Mempunyai nasib buruk tak pernah ku bayangkan sebelumnya, bahkan hidup sebatang kara tak pernah ada dalam tulisan kehidupanku, aku menjadi seperti sekarang pun bukan keinginanku, lalu bagaimana cara aku bertahan?
Memijakkan kaki saja rasanya tak kuasa menahan perih, apalagi melihat secara terang terangan di tepi danau sana , orang-orang yang menikmati hidupnya dengan penuh kebahagian tanpa ada mimpi buruk yang menghantui.
Sedangkan aku??
Ya, aku masih duduk termenung dikursi cat warna putih, persis dibawah pohon rindang yang sejuk dengan angin yang bertebaran disisiku yang ingin memaksa mataku tertutup sejenak melupakan gundah dihatiku.
Tuhan, bisakah aku mendapat sosok pelindungku?, atau setidaknya penenang hati ini? kataku sambil menutup mata dan memohon.
Jika tidak, maka bisakah aku mati sekarang? (isak tangis terdengar dan tak terasa air luluh membasahi pipiku.
hujan datang tanpa aba-aba seperti sengaja mengeroyokku .aku bagaikan terkepung akibat ulah jahat yang sekan telah kulakukan.
Rasanya seketika dada ini sesak, melihat hujan pun tak berpihak kepadaku, tapi aku merasa beruntung setidaknya orang yang sedang berbahagia itu tak bisa melihat kesedihanku.
aku meninggalkan tempat saat itu juga, dan mencari sosok yang kuharap dapat menjadi pelindungku,walau rasanya tak mungkin, namun kaki ini masih ingin terus berlari.
Bruk.... Tubuhku terhuyung lemas tak berdaya akibat kaki yang tak sengaja meluncur tanpa haluan,membuat keberadaanku tertimbun genangan air kotor,dan bau ini,sungguh sial diriku....
Uluran tangan siapa ini?,apa maksud dari ulurannya?apakah dia ingin meminta sumbangan atau kah hendak menamparku? Pikirku dalam hati..
tanpa pikir panjang akhirnya kuhadapkan wajahku keatas tepat keberadaan sosok dibalik cahaya yang begitu menyilaukan tanda hujan telah menghilang entah kemana.
Seketika aku terkaget melihat senyumnya semanis buah kurma yang sering disajikan pak saleh ketika pengajian dirumahnya.

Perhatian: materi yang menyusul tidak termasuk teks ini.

-- ===== src/Kb/Tests.antt =====
-- The keyboard at a small state, and its theorems there.
use sbrocks.Prelude.{
  ℕ, ◌+◌, ◌<◌, ◌≤◌, ◌≡◌, ◌≢◌, refl, arith, ◌==◌, if◌then◌else◌, some, ◌∷◌, [], get_or, inl,
}
use sbrocks.Kstring.Copy.{Outside}
use sbrocks.Kb.{Kb, Control, kb_handler, code_at, kbdus, buffer_size, task_runnable}
use sbrocks.Kb.Safe.{InBounds, kb_handler-InBounds}
use sbrocks.Kb.Line.{type_keys, IsPlain, AllPlain, Waits, line_of, type_keys-line, kb_handler-full}

-- Task 5 waits for a line at 8192; the buffer is at 4096.
abbrev pub small_kb : ℕ → Kb
small_kb count = record {
  current_control = Control.normal_key;
  flag = 1;
  i = 0;
  str = 8192;
  count = count;
  a = 4096;
  current_char = 0;
  waiting_task = 5;
  waiting_state = 9;
  memory = λ b. 0;
  echoed = [];
}

small_Waits : (count : ℕ) → count ≤ buffer_size → Waits (small_kb count)
small_Waits count h = record {
  normal = refl;
  reading = refl;
  waiting = λ e. absurd (no e);
  fits = h;
}
  where
    no : ◌≡◌ {A = ℕ} 5 0 → ⊥
    no e = omega arith

-- The scan codes of `l` and `s`.
l_IsPlain : IsPlain 38
unfolding code_at kbdus
l_IsPlain = record {
  pressed = refl;
  no_shift = refl;
  no_alt = refl;
  no_control = refl;
  no_enter = refl;
  no_backspace = refl;
}

s_IsPlain : IsPlain 31
unfolding code_at kbdus
s_IsPlain = record {
  pressed = refl;
  no_shift = refl;
  no_alt = refl;
  no_control = refl;
  no_enter = refl;
  no_backspace = refl;
}

pub ls_AllPlain : AllPlain (38 ∷ 31 ∷ [])
unfolding AllPlain
ls_AllPlain = (l_IsPlain, (s_IsPlain, tt))

kb_handler-InBounds_example : (kb' : Kb) × (kb_handler 38 (small_kb 100) ≡ some kb') × InBounds kb'
kb_handler-InBounds_example = kb_handler-InBounds 38 (small_kb 100) (record {
  index = omega arith;
  fits = omega arith;
  waits = λ f. (small_Waits 100 (omega arith)).waiting;
})

type_keys-line_example :
    (kb1 kb' : Kb) × (type_keys (38 ∷ 31 ∷ []) (small_kb 100) ≡ some kb1)
    × (kb_handler 28 kb1 ≡ some kb')
    × ((j : ℕ) → j < 3 → kb'.memory (8192 + j) ≡ get_or (line_of (38 ∷ 31 ∷ [])) j 0)
    × (kb'.waiting_state ≡ task_runnable)
    × (kb'.flag ≡ 0)
    × (kb'.i ≡ 0)
    × (kb'.waiting_task ≡ 5)
type_keys-line_example =
    type_keys-line (38 ∷ 31 ∷ []) (small_kb 100) ls_AllPlain (small_Waits 100 (omega arith)) refl
      (omega arith) (inl (omega arith))

kb_handler-full_example :
    (kb' : Kb) × (kb_handler 38 (small_kb 1) ≡ some kb')
    × (kb'.flag ≡ 0)
    × (kb'.waiting_state ≡ task_runnable)
    × (kb'.memory 8192 ≡ (if 0 == 0 then code_at kbdus 38 else 0))
    × ((b : ℕ) → Outside 4096 buffer_size b → b ≢ 8192 → kb'.memory b ≡ 0)
kb_handler-full_example =
    kb_handler-full 38 (small_kb 1) l_IsPlain (small_Waits 1 (omega arith)) (omega arith)
      (omega arith) (inl (omega arith))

Tanpa basa -basi aku menerima uluran tangannya, dan saat aku hendak menanyakan maksud keberadaannya, ia lebih dulu membuka pembahasan pertemuan tak sengaja kami ini.
Hai.. Mengapa kamu bisa terjatuh? dan mengapa kamu berlari dari sana tanpa melihat orang disekelilingmu? Sepertinya kamu bersedih.. Apakah kamu hanya seorang diri?

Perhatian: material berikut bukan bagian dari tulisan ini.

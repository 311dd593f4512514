-- ===== src/Fs/Content/Bmap.antt =====
-- What `bmap` of kernel/fs.c does with the blocks of an inode.
pub mod Direct
pub mod Link
pub mod Entry
pub mod Mapping
use osn.Base.{
  ℕ, zero, suc, ◌+◌, ◌-◌, ◌*◌, ◌^◌, ◌≤◌, ◌<◌, ◌≡◌, ◌≢◌, ◌⊎◌, inl, inr, refl, ap, ap₂, sym, ◌∙◌,
  Bool, true, false, ◌==◌, ltb, if◌then◌else◌, update, update_self, update_ne, arith, dec_lt,
  Bool-cases, ℕ_discrete, subst,
}
use osn.File.{Outcome, done, panicked, ◌>>=◌}
use osn.Log.{LogState}
use osn.Fs.{Disk, Block, Superblock, bblock, modify}
use osn.Fs.Room.{Room, Modified, modify-Modified}
use osn.Fs.Dinode.{Dinode, ndirect, load32, store32}
use osn.Fs.Dinode.Codec.{load32-store32, load32-store32-Apart}
use osn.Fs.Bitmap.{balloc}
use osn.Fs.Bitmap.Used.{used, used-update_other, MapUsed}
use osn.Fs.Bitmap.Alloc.{Balloc, out_of_blocks, taken, Taken, balloc-Balloc, not_map}
use osn.Fs.Content.{bmap, nindirect, take_addr, take_entry, with_addr}

-- The block that an inode has for the block `bn` of its file, or 0.
abbrev pub block_of : Dinode → (ℕ → Block) → ℕ → ℕ
block_of ip cache bn =
    if ltb bn ndirect
    then ip.addrs bn
    else if ip.addrs ndirect == 0
    then 0
    else load32 (cache (ip.addrs ndirect)) (4 * (bn - ndirect))

-- No block of the free bit map.
abbrev pub NotMap : Superblock → ℕ → Type 0
NotMap sb y = (x : ℕ) → x < sb.size → bblock sb x ≢ y

-- The bit map's blocks and the boot block are in use, and so is the indirect block of the inode, which is no block
-- of the map.
pub record Sane (sb : Superblock) (ip : Dinode) (d : Disk) : Type 0 where
  pub map_used : MapUsed sb d.cache
  pub boot : used sb d.cache 0 ≡ true
  pub small : sb.size < 2 ^ 32
  pub indirect_inside : ip.addrs ndirect ≢ 0 → ip.addrs ndirect < sb.size
  pub indirect_used : ip.addrs ndirect ≢ 0 → used sb d.cache (ip.addrs ndirect) ≡ true
  pub indirect_apart : ip.addrs ndirect ≢ 0 → NotMap sb (ip.addrs ndirect)

-- Blocks may have been taken, but none freed or changed that was in use, but for the map and the indirect block.
pub record Kept (sb : Superblock) (ip' : Dinode) (d d' : Disk) : Type 0 where
  pub keeps : (x : ℕ) → x < sb.size → used sb d.cache x ≡ true → used sb d'.cache x ≡ true
  pub frame :
      (y : ℕ)
      → y < sb.size
      → used sb d.cache y ≡ true
      → NotMap sb y
      → ip'.addrs ndirect ≢ y
      → d'.cache y ≡ d.cache y

-- What `bmap` leaves where it returns `addr`.
pub record Mapped (sb : Superblock) (n bn : ℕ) (ip : Dinode) (d : Disk) (ip' : Dinode) (d' : Disk)
    (addr : ℕ) : Type 0 where
  pub nonzero : addr ≢ 0
  pub here : block_of ip' d'.cache bn ≡ addr
  pub others : (k : ℕ) → k ≢ bn → block_of ip' d'.cache k ≡ block_of ip d.cache k
  pub old : block_of ip d.cache bn ≢ 0 → block_of ip d.cache bn ≡ addr
  pub new :
      block_of ip d.cache bn ≡ 0
      → (addr < sb.size) × (used sb d.cache addr ≡ false) × (used sb d'.cache addr ≡ true)
  pub zeroed : block_of ip d.cache bn ≡ 0 → d'.cache addr ≡ (λ i. 0)
  pub kept : Kept sb ip' d d'
  pub sane : Sane sb ip' d'
  pub room : Room n d'

pub data TakeAddr (n : ℕ) (sb : Superblock) (i : ℕ) (ip : Dinode) (d : Disk)
    : Outcome (Dinode × Disk × ℕ) → Type 0 where
  no_block : ((x : ℕ) → x < sb.size → used sb d.cache x ≡ true) → TakeAddr n sb i ip d panicked
  had : ip.addrs i ≢ 0 → TakeAddr n sb i ip d (done (ip, d, ip.addrs i))
  took :
      (b : ℕ) (r : Disk)
      → ip.addrs i ≡ 0
      → Taken n sb b d r
      → TakeAddr n sb i ip d (done (with_addr i b ip, r, b))

pub take_addr-TakeAddr :
    (n : ℕ) (sb : Superblock) (i : ℕ) (ip : Dinode) (d : Disk)
    → Room (suc (suc n)) d
    → MapUsed sb d.cache
    → TakeAddr n sb i ip d (take_addr sb i ip d)
unfolding take_addr
take_addr-TakeAddr n sb i ip d room map_used = elim (Bool-cases (ip.addrs i == 0)) [
  | inl z ↦
      let zero_addr : ip.addrs i ≡ 0 = ground arith in
      rw z (take zero_addr (balloc sb d) (balloc-Balloc n sb d room map_used))
  | inr nz ↦ let has : ip.addrs i ≢ 0 = λ e. ground arith in rw nz (had has)
]
  where
    take :
        ip.addrs i ≡ 0
        → (o : Outcome (Disk × ℕ)) → Balloc n sb d o
        → TakeAddr n sb i ip d (o >>= (λ r. done (with_addr i r.1 ip, r.0, r.1)))
    take z panicked (out_of_blocks all) = no_block all
    take z (done _) (taken b r t) = took b r z t

-- At most one block is free.
abbrev pub Full : Superblock → Disk → Type 0
Full sb d =
    (x y : ℕ)
    → x < sb.size
    → y < sb.size
    → used sb d.cache x ≡ false
    → used sb d.cache y ≡ false
    → x ≡ y

pub Full-all :
    (sb : Superblock) (d : Disk) → ((x : ℕ) → x < sb.size → used sb d.cache x ≡ true) → Full sb d
Full-all sb d all x y lx ly fx fy = let z : true ≡ false = sym (all x lx) ∙ fx in cc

Mendengar pertanyaan itu hatiku berdebar-debar, entah darimana orang ini dapat mengetahui apa yang kualami. Apakah ia sedang memata-mataiku sejak tadi ataukah dia?????
Ah tidak mungkin ,pikirku..
Hey... Kenapa kamu diam saja dan melamun?

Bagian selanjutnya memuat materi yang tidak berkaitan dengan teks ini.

-- ===== src/Fs/Content/Bmap/Direct.antt =====
-- The steps of `bmap` of kernel/fs.c: the block that it takes, and the two kinds of block number.
use osn.Base.{
  ℕ, ◌-◌, ◌*◌, ◌≤◌, ◌<◌, ◌≡◌, ◌≢◌, refl, ap, sym, ◌∙◌, Bool, true, false, ◌==◌, ltb, if◌then◌else◌,
  update, update_self, update_ne, arith, dec_lt, ℕ_discrete, subst,
}
use osn.Fs.{Disk, Block, Superblock, bblock}
use osn.Fs.Dinode.{Dinode, ndirect, load32}
use osn.Fs.Bitmap.Used.{used, MapUsed}
use osn.Fs.Bitmap.Alloc.{Taken, not_map}
use osn.Fs.Content.{with_addr}
use osn.Fs.Content.Bmap.{block_of, NotMap, Sane, Mapped}

-- What taking a block leaves.
module _ {n b : ℕ} {sb : Superblock} {d r : Disk} (t : Taken n sb b d r) where
  pub Taken-keeps : (x : ℕ) → x < sb.size → used sb d.cache x ≡ true → used sb r.cache x ≡ true
  Taken-keeps x lt u = t.in_use x lt ∙ (rw u (if_true (x == b)))
    where
      if_true : (c : Bool) → (if c then true else true) ≡ true
      if_true true = refl
      if_true false = refl

  pub Taken-used : used sb r.cache b ≡ true
  Taken-used = t.in_use b t.in_disk ∙ ground arith

  pub Taken-ne : (y : ℕ) → used sb d.cache y ≡ true → b ≢ y
  Taken-ne y u e = let z : true ≡ false = sym u ∙ (ap (used sb d.cache) (sym e) ∙ t.was_free) in cc

  pub Taken-same : (y : ℕ) → used sb d.cache y ≡ true → NotMap sb y → r.cache y ≡ d.cache y
  Taken-same y u out = t.others y (out b t.in_disk) (Taken-ne y u)

  pub Taken-MapUsed : MapUsed sb d.cache → MapUsed sb r.cache
  unfolding MapUsed
  Taken-MapUsed map_used x lt =
      let (inside, u) = map_used x lt in (inside, Taken-keeps (bblock sb x) inside u)

  pub Taken-boot : used sb d.cache 0 ≡ true → used sb r.cache 0 ≡ true
  Taken-boot u = Taken-keeps 0 (omega (arith, t.in_disk)) u

  pub Taken-NotMap : MapUsed sb d.cache → NotMap sb b
  Taken-NotMap map_used x lt = not_map sb d.cache b x map_used lt t.was_free

if_then {ℓ} : {A : Type ℓ} {c : Bool} (x y : A) → c ≡ true → (if c then x else y) ≡ x
if_then x y e = rw e refl

if_else {ℓ} : {A : Type ℓ} {c : Bool} (x y : A) → c ≡ false → (if c then x else y) ≡ y
if_else x y e = rw e refl

pub block_of-direct :
    (ip : Dinode) (cache : ℕ → Block) (k : ℕ) → k < ndirect → block_of ip cache k ≡ ip.addrs k
block_of-direct ip cache k lt = ground arith

pub block_of-none :
    (ip : Dinode) (cache : ℕ → Block) (k : ℕ)
    → ndirect ≤ k
    → ip.addrs ndirect ≡ 0
    → block_of ip cache k ≡ 0
block_of-none ip cache k ge z = ground arith

pub block_of-indirect :
    (ip : Dinode) (cache : ℕ → Block) (k at : ℕ)
    → ndirect ≤ k
    → ip.addrs ndirect ≡ at
    → at ≢ 0
    → block_of ip cache k ≡ load32 (cache at) (4 * (k - ndirect))
block_of-indirect ip cache k at ge e nz =
    let c : ltb k ndirect ≡ false = ground arith in
    let h : (at == 0) ≡ false = ground arith in rw (c, e, h) refl

-- The direct block: nothing else of the inode changes.
direct-others :
    {n b : ℕ} {sb : Superblock} {ip : Dinode} {d r : Disk} (bn : ℕ)
    → Sane sb ip d
    → bn < ndirect
    → Taken n sb b d r
    → (k : ℕ) → k ≢ bn
    → block_of (with_addr bn b ip) r.cache k ≡ block_of ip d.cache k
direct-others {n} {b} {sb} {ip} {d} {r} bn s lt t k ne =
    let same : update ip.addrs bn b ndirect ≡ ip.addrs ndirect =
      update_ne ip.addrs bn ndirect b (λ e. omega arith) in
    elim (dec_lt k ndirect) [
      | yes below ↦
          block_of-direct (with_addr bn b ip) r.cache k below
          ∙ (update_ne ip.addrs bn k b (λ e. ne (sym e)) ∙ sym (block_of-direct ip d.cache k below))
      | no above ↦ elim (ℕ_discrete (ip.addrs ndirect) 0) [
        | yes z ↦
            block_of-none (with_addr bn b ip) r.cache k (omega arith) (same ∙ z)
            ∙ sym (block_of-none ip d.cache k (omega arith) z)
        | no nz ↦
            block_of-indirect (with_addr bn b ip) r.cache k (ip.addrs ndirect) (omega arith) same nz
            ∙ (ap (λ c. load32 c (4 * (k - ndirect)))
                  (Taken-same t (ip.addrs ndirect) (s.indirect_used nz) (s.indirect_apart nz))
                ∙ sym (block_of-indirect ip d.cache k (ip.addrs ndirect) (omega arith) refl nz))
      ]
    ]

pub direct-Mapped :
    {n b : ℕ} {sb : Superblock} {ip : Dinode} {d r : Disk} (bn : ℕ)
    → Sane sb ip d
    → bn < ndirect
    → ip.addrs bn ≡ 0
    → Taken n sb b d r
    → Mapped sb n bn ip d (with_addr bn b ip) r b
direct-Mapped {n} {b} {sb} {ip} {d} {r} bn s lt z t =
    let same : update ip.addrs bn b ndirect ≡ ip.addrs ndirect =
      update_ne ip.addrs bn ndirect b (λ e. omega arith) in
    record {
      nonzero = Taken-ne t 0 s.boot;
      here = block_of-direct (with_addr bn b ip) r.cache bn lt ∙ update_self ip.addrs bn b;
      others = direct-others bn s lt t;
      old = λ nz. absurd (nz (block_of-direct ip d.cache bn lt ∙ z));
      new = λ zero_block. (t.in_disk, t.was_free, Taken-used t);
      zeroed = λ zero_block. t.zeroed;
      kept = record { keeps = Taken-keeps t; frame = λ y lt' u out ne. Taken-same t y u out };
      sane = record {
        map_used = Taken-MapUsed t s.map_used;
        boot = Taken-boot t s.boot;
        small = s.small;
        indirect_inside =
            λ nz. subst (λ y. y < sb.size) (sym same) (s.indirect_inside (λ e. nz (same ∙ e)));
        indirect_used = λ nz.
            let has : ip.addrs ndirect ≢ 0 = λ e. nz (same ∙ e) in
            ap (used sb r.cache) same
            ∙ Taken-keeps t (ip.addrs ndirect) (s.indirect_inside has) (s.indirect_used has);
        indirect_apart = λ nz. subst (NotMap sb) (sym same) (s.indirect_apart (λ e. nz (same ∙ e)));
      };
      room = t.room;
    }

Hey... (Sambil melambaikan tangan tepat didepan wajahku)
a-awas ...
Bruk...
Akibat mobil melintas tak tau aturan, hampir saja menabrak diriku yang sedang melamun...
Wah seketika itu jantungku sepertinya mau copot, untung saja sosok ini menyelamatkanku dengan lihai, tubuhku berhasil didalam dekapannya, namun jantung ini sepertinya tidak aman...
Ya Tuhan aku sangat salting dipandangnya.... Tapi entah mengapa aku nyaman berada dalam dekapannya dan ingin terus seperti ini.. hanya seperti ini...
kamu tidak apa-apa? Tanyanya
Seketika aku tersadar dan terpaksa mundur untuk keluar dari dekapannya, bagaimanapun juga dia sosok yang baru saja datang, kenal saja tidak, rasanya tidak pantas aku mempunyai rasa senyaman ini.
Hmm, iya aku tidak apa-apa, terimakasih sudah menyelamatkanku, padahal kita tidak saling kenal, kataku
Belum saling kenal bukan berarti tidak bisa menolong kan?, ohiya aku dimas, aku tadi tak sengaja melihatmu dari ujung sana berlari dan sampai terjatuh sepertinya kamu sedang bersedih jadi aku menghampiriku..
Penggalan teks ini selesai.